ELSS (Equity Linked Saving Scheme) is the only tax-saving fund available in India. You can avail of tax exemption up to 1.5 lakhs in a year under section 80c by ELSS.

There is confusion in the investor’s mind on preferring ELSS vs. PPF. ELSS comes with a minimum lock-in period of 3 years. You can choose ELSS as your tax exemption material if you’re a long-term investment. It holds high risk and same the rewards too.

5. Capital Protection Funds

When people reach the age of 50 or more, the biggest concern over investment would be to save capital. This is not a bad decision as Warren Buffet usually points out in “Preserving the Capital”.

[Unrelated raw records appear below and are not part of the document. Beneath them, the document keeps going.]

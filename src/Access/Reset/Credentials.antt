-- ===== src/Access/Reset/Credentials.antt =====
-- The write of a new password with the revocation of trust, and the bookkeeping after it:
-- Api/src/modules/password-reset/password-reset.service.ts.
use vaultchain_fintech_dashb.Prelude.{
  ℕ, Bool, true, false, not, ◌&&◌, Option, none, some, List, ◌≡◌, refl, arith, update_where,
  is_none, any, all_at, count_where, ok, ap, ◌∙◌, ◌==◌, Result, err-ne-ok, ok-injective, after,
  after-eq-ok, rolled_back-eq-ok, raise_if, update_where-none, any-update_where,
  update_where-all_at,
}
use vaultchain_fintech_dashb.Prelude.Text.{Text, text_eq, text_eq_refl}
use vaultchain_fintech_dashb.Access.Store.{
  AccessDb, AccessError, Handler, missing_row, AccessEnv, ResetRequest,
}
use vaultchain_fintech_dashb.Auth.Store.{User, user_id}
use vaultchain_fintech_dashb.Access.Reset.Complete.{
  revoke_all_trust, set_password, is_open_login, is_open_reset, replace_password, with_password,
  consume_reset, set_if_won, complete_found,
}
use vaultchain_fintech_dashb.Auth.Refresh.{is_active_of, revoke}
use vaultchain_fintech_dashb.Access.Devices.{
  revoke_all_devices, is_unrevoked_of, revoke_at, DeviceContext,
}
use vaultchain_fintech_dashb.Challenge.Reset.{OpenResetChallenge, consume}

-- The user has no session, no remembered device, no login in progress, and no reset in progress but
-- the excepted one.
abbrev pub IsUntrusted : ℕ → Option Text → AccessDb → Type 0
IsUntrusted user except db =
    (count_where (is_active_of user) db.auth.tokens ≡ 0)
    × (count_where (is_unrevoked_of user) db.devices ≡ 0)
    × (count_where (is_open_login user) db.auth.challenges ≡ 0)
    × (count_where (is_open_reset user except) db.reset_challenges ≡ 0)

-- The user is there, and every row of the user has the password's hash and no lock.
abbrev has_password : Text → User → Bool
has_password hash u =
    text_eq u.password_hash hash && (u.failed_login_count == 0 && is_none u.locked_until)

abbrev pub HasPassword : ℕ → Text → AccessDb → Type 0
HasPassword user hash db =
    (any (user_id user) db.auth.users ≡ true)
    × (all_at (user_id user) (has_password hash) db.auth.users ≡ true)

-- A guard that let a chain pass.
pub guard_passed :
    {B : Type 0} (b : Bool) (e : AccessError) (s : AccessDb) (f : Unit {0} → Handler B) {x : B}
    {t : AccessDb}
    → after (raise_if b e s) f ≡ (ok x, t)
    → (b ≡ false) × (f tt s ≡ (ok x, t))
guard_passed true e s f h = absurd (err-ne-ok (ap (λ r. r.0) h))
guard_passed false e s f h = (refl, h)

revoke_all_trust-IsUntrusted :
    (now user : ℕ) (except : Option Text) (db : AccessDb)
    → IsUntrusted user except (revoke_all_trust now user except db)
unfolding revoke_all_trust revoke_all_devices
revoke_all_trust-IsUntrusted now user except db = (
  update_where-none (is_active_of user) (revoke now) db.auth.tokens (λ r h. ground arith),
  update_where-none (is_unrevoked_of user) (revoke_at now) db.devices (λ r h. ground arith),
  update_where-none (is_open_login user) _ db.auth.challenges (λ r h. ground arith),
  update_where-none (is_open_reset user except) _ db.reset_challenges (λ r h. ground arith),
)

abbrev with_users : List User → AccessDb → AccessDb
with_users users db = record db { auth = record db.auth { users = users } }

password_replaced :
    (now user : ℕ) (hash : Text) (except : Option Text) (db : AccessDb)
    → any (user_id user) db.auth.users ≡ true
    → HasPassword user hash (
        revoke_all_trust now user except
          (with_users (update_where (user_id user) (with_password hash) db.auth.users) db))
unfolding revoke_all_trust
password_replaced now user hash except db there = (
  any-update_where (user_id user) (user_id user) (with_password hash) db.auth.users (λ u. refl)
      ∙ there,
  update_where-all_at (user_id user) (has_password hash) (with_password hash) db.auth.users
      (λ u h. rw (text_eq_refl hash) refl) (λ u. refl),
)

pub set_password_lem :
    (now user : ℕ) (hash : Text) (except : Option Text) (db : AccessDb) {x : Unit {0}}
    {t : AccessDb}
    → set_password now user hash except db ≡ (ok x, t)
    → HasPassword user hash t × IsUntrusted user except t
unfolding set_password
set_password_lem now user hash except db h =
    let (there, e) = guard_passed (not (any (user_id user) db.auth.users)) missing_row db _ h in
    let same = ap (λ (p : Result AccessError (Unit {0}) × AccessDb). p.1) e in
    let changed = with_users (update_where (user_id user) (with_password hash) db.auth.users) db in
    coe 0 1 (i. HasPassword user hash (same i) × IsUntrusted user except (same i)) (
      password_replaced now user hash except db (ground (arith, there)),
      revoke_all_trust-IsUntrusted now user except changed,
    )

-- The bookkeeping after the reset leaves the rest as it is.
pub completed_keeps :
    (env : AccessEnv) (user owner : ℕ) (hash : Text) (except : Option Text) (ctx : DeviceContext)
    (o : Option ResetRequest) (db : AccessDb) {x : Unit {0}} {t : AccessDb}
    → HasPassword owner hash db × IsUntrusted owner except db
    → complete_found env user ctx o db ≡ (ok x, t)
    → HasPassword owner hash t × IsUntrusted owner except t
completed_keeps env user owner hash except ctx none db have h =
    let same = ap (λ (p : Result AccessError (Unit {0}) × AccessDb). p.1) h in
    coe 0 1 (i. HasPassword owner hash (same i) × IsUntrusted owner except (same i)) have
completed_keeps env user owner hash except ctx (some request) db have h =
    let same = ap (λ (p : Result AccessError (Unit {0}) × AccessDb). p.1) h in
    coe 0 1 (i. HasPassword owner hash (same i) × IsUntrusted owner except (same i)) have

ok-ne :
    {a b : Bool} {s t : AccessDb}
    → ◌≡◌ {A = Result AccessError Bool × AccessDb} (ok a, s) (ok b, t)
    → a ≡ b
ok-ne h = ok-injective (ap (λ (p : Result AccessError Bool × AccessDb). p.0) h)

set_if_won_lem :
    (env : AccessEnv) (challenge : OpenResetChallenge) (user : ℕ) (hash : Text) (won : Bool)
    (db : AccessDb) {t : AccessDb}
    → set_if_won env challenge user hash won db ≡ (ok true, t)
    → (won ≡ true) × HasPassword user hash t × IsUntrusted user (some challenge.id) t
set_if_won_lem env challenge user hash false db h = absurd (cc (ok-ne h))
set_if_won_lem env challenge user hash true db {t} h =
    let (x, u, set, rest) =
      after-eq-ok (set_password env.auth.now user hash (some challenge.id) db) _ h in
    let same = ap (λ (p : Result AccessError Bool × AccessDb). p.1) rest in
    let (a, b) =
      coe 0 1 (i. HasPassword user hash (same i) × IsUntrusted user (some challenge.id) (same i))
        (set_password_lem env.auth.now user hash (some challenge.id) db set) in
    (refl, a, b)

pub replace_password_done :
    (env : AccessEnv) (challenge : OpenResetChallenge) (user : ℕ) (hash : Text) (db : AccessDb)
    {t : AccessDb}
    → replace_password env challenge user hash db ≡ (ok true, t)
    → ((consume env.auth.now challenge.id challenge.max_attempts db.reset_challenges).0 ≡ true)
      × HasPassword user hash t
      × IsUntrusted user (some challenge.id) t
unfolding replace_password consume_reset
replace_password_done env challenge user hash db h =
    set_if_won_lem env challenge user hash _ _ (rolled_back-eq-ok (λ b a. b) db _ h)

In such cases, capital protection funds would be the right choice. This fund structure is similar to a balanced fund. But, a small portion will be in Equity, and 60%+ will be in debt instruments, G-Sec Bonds, etc.

6. Fixed Maturity Funds

Fixed Maturity funds are similar to closed-ended funds, but the investment is only done in the bond market or money market. The maturity will be fixed while launching the NFO (New Fund Offer), and the maturity of investment can happen on the same or prior to the period fixed in the papers. The maturity period can be between 1 month to 5 years.

You might think, is fixed maturity funds are the same as fixed deposits. No, fixed-maturity funds score better than fixed deposits when it comes to returns 

7. Pension Funds

Pension is one of the prime parts of life. Unfortunately, investors tend to invest any amount when they hear the word annuity without understanding the risk and other profiles.

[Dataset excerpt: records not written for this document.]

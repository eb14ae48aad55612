-- ===== src/Access/Devices/Remember.antt =====
-- A remembered device is trusted for its user, its client and its time, and never after a
-- revocation: Api/src/modules/mfa/remembered-device.service.ts.
use vaultchain_fintech_dashb.Prelude.{
  ℕ, Bool, true, false, not, ◌||◌, some, List, [], ◌∷◌, ◌≡◌, refl, arith, Bool-cases, inl, inr, any,
  all, find, find-all, ok, ap, ◌==◌, Result, Option-cases, ==_refl, is_some, ◌<◌, ◌+◌, ◌*◌, ◌≢◌,
  some-injective, ok-injective, leb_of_lt,
}
use vaultchain_fintech_dashb.Prelude.Text.{Text, text_eq_refl}
use vaultchain_fintech_dashb.Access.Store.{RememberedDevice, AccessDb, AccessError}
use vaultchain_fintech_dashb.Access.Devices.{
  issue, revoke_all_devices, verify_device, AccessEnv, DeviceContext, is_unrevoked_of, verify_row,
  IssuedDevice, is_dead, parse_device_token, device_row, is_uuid, verifies, same_client, taken_key,
  print_token, device_prefix, new_device, ua_hash_of, ip_prefix,
}
use vaultchain_fintech_dashb.Challenge.Mfa.{Crypto}
use vaultchain_fintech_dashb.Challenge.Token.{is_blank, parse_opaque-print_token, hex, uuid_rest}
use vaultchain_fintech_dashb.Access.Reset.Credentials.{guard_passed}

-- No device of the user is left unrevoked.
abbrev is_revoked_for : ℕ → RememberedDevice → Bool
is_revoked_for user d = not (d.user_id == user) || is_some d.revoked_at

revoked_for :
    (now user : ℕ) (rows : List RememberedDevice)
    → all (is_revoked_for user) (revoke_all_devices now user rows) ≡ true
unfolding revoke_all_devices
revoked_for now user [] = refl
revoked_for now user (d ∷ ds) = elim (Bool-cases (is_unrevoked_of user d)) [
  | inl e ↦ ground (arith, e, revoked_for now user ds)
  | inr e ↦ ground (arith, e, revoked_for now user ds)
]

verify_row-revoked :
    (crypto : Crypto) (later user : ℕ) (secret : Text) (ctx : DeviceContext)
    (p : RememberedDevice → Bool) (rows : List RememberedDevice)
    → all (is_revoked_for user) rows ≡ true
    → verify_row crypto later secret ctx (find p rows) ≡ some user
    → ⊥
verify_row-revoked crypto later user secret ctx p rows gone h = elim (Option-cases (find p rows)) [
  | inl e ↦ cc (rw e at h)
  | inr (d, e) ↦
      let out = find-all (is_revoked_for user) p rows gone e in
      elim (Bool-cases (
        is_dead later d
        || (not (verifies crypto d.token_hash secret) || not (same_client crypto ctx d)))) [
          | inl bad ↦ cc (rw (e, bad) at h)
          | inr good ↦
              let owner : d.user_id ≡ user = some-injective d.user_id user (rw (e, good) at h) in
              let is_owner : (d.user_id == user) ≡ true = rw owner (==_refl user) in
              let dead : is_some d.revoked_at ≡ true = rw is_owner at out in cc (rw dead at good)
        ]
]

-- After all devices of a user are revoked, no token is taken for that user's, by any client at any
-- time.
pub revoke_all_devices-verify_device :
    (crypto : Crypto) (now later user : ℕ) (presented : Text) (ctx : DeviceContext)
    (rows : List RememberedDevice)
    → verify_device crypto later presented ctx (revoke_all_devices now user rows) ≢ some user
unfolding verify_device
revoke_all_devices-verify_device crypto now later user presented ctx rows h =
    elim (Option-cases (parse_device_token presented)) [
      | inl e ↦ cc (rw e at h)
      | inr ((id, secret), e) ↦
          verify_row-revoked crypto later user secret ctx (device_row id) _
            (revoked_for now user rows) (rw e at h)
    ]

fresh_device :
    (env : AccessEnv) (user later : ℕ) (ctx : DeviceContext) (rows : List RememberedDevice)
    → is_uuid env.device_id ≡ true
    → is_blank env.device_secret ≡ false
    → verifies env.auth.crypto (env.auth.crypto.hash env.device_secret) env.device_secret ≡ true
    → later < env.auth.now + env.remember_ttl * 1000
    → verify_device env.auth.crypto later
        (print_token device_prefix env.device_id env.device_secret)
        ctx
        (new_device env user ctx ∷ rows)
      ≡ some user
unfolding verify_device
fresh_device env user later ctx rows uuid full good early =
    let live = leb_of_lt (env.auth.now + env.remember_ttl * 1000) later early in
    rw
      (
        parse_opaque-print_token hex uuid_rest device_prefix env.device_id env.device_secret refl
            uuid full,
        text_eq_refl env.device_id,
        live,
        good,
        text_eq_refl (ua_hash_of env.auth.crypto ctx),
        text_eq_refl (ip_prefix ctx.ip),
      )
      refl

-- A device that was just issued to a client is taken for its user's from that client until it
-- expires, by the token that was returned; if the hash verifies, and the id is a fresh UUID and
-- the secret is not empty.
pub issue-verify_device :
    (env : AccessEnv) (user later : ℕ) (ctx : DeviceContext) (db : AccessDb) {device : IssuedDevice}
    {t : AccessDb}
    → issue env user ctx db ≡ (ok device, t)
    → is_uuid env.device_id ≡ true
    → is_blank env.device_secret ≡ false
    → verifies env.auth.crypto (env.auth.crypto.hash env.device_secret) env.device_secret ≡ true
    → later < env.auth.now + env.remember_ttl * 1000
    → verify_device env.auth.crypto later device.token ctx t.devices ≡ some user
unfolding issue verify_device
issue-verify_device env user later ctx db h uuid full good early =
    let (fresh, e) = guard_passed (any (device_row env.device_id) db.devices) taken_key db _ h in
    let made = ok-injective (ap (λ (p : Result AccessError IssuedDevice × AccessDb). p.0) e) in
    let state = ap (λ (p : Result AccessError IssuedDevice × AccessDb). p.1) e in
    coe 0 1
      (i. verify_device env.auth.crypto later (made i).token ctx (state i).devices ≡ some user)
      (fresh_device env user later ctx db.devices uuid full good early)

That’s why many private companies have come up with pension funds/schemes. Before investing in any pension funds/scheme, go through all relevant documents and the investment materials they estimate to include in the portfolio.

If you decide to work until retirement, the best pension fund investments can be NPS (National Pension Scheme) and EPF (Employee Provident Fund). If not, invest in index or blue-chip funds to build wealth that can be materialized in your retirement life.

Types of Mutual Funds in India Based on Special Category

1. Index Funds

Index funds are one the best mutual funds for investors who don’t have much awareness or time to learn about the market. The mutual funds that invest in indices like Nifty 50, Nifty  Next 50, Nifty 100, SENSEX, etc., are termed index funds.

Even the Gem Warren Buffet suggests investing in an Index fund, as, in the long run, it will outperform all the actively managed mutual funds. The most significant advantage of Index funds is performance will be 12%-14% if invested in SIP for 20-25 years. It is also known as a passive fund and holds a minor expense ratio compared to any type of mutual fund in India.

2. Sectoral Funds

Any mutual fund that invests only in a particular sector of shares (companies) is called a sector fund, also known as a theme-based mutual fund. These funds hold high volatility as the flag can fly as green and drop red at any trading period.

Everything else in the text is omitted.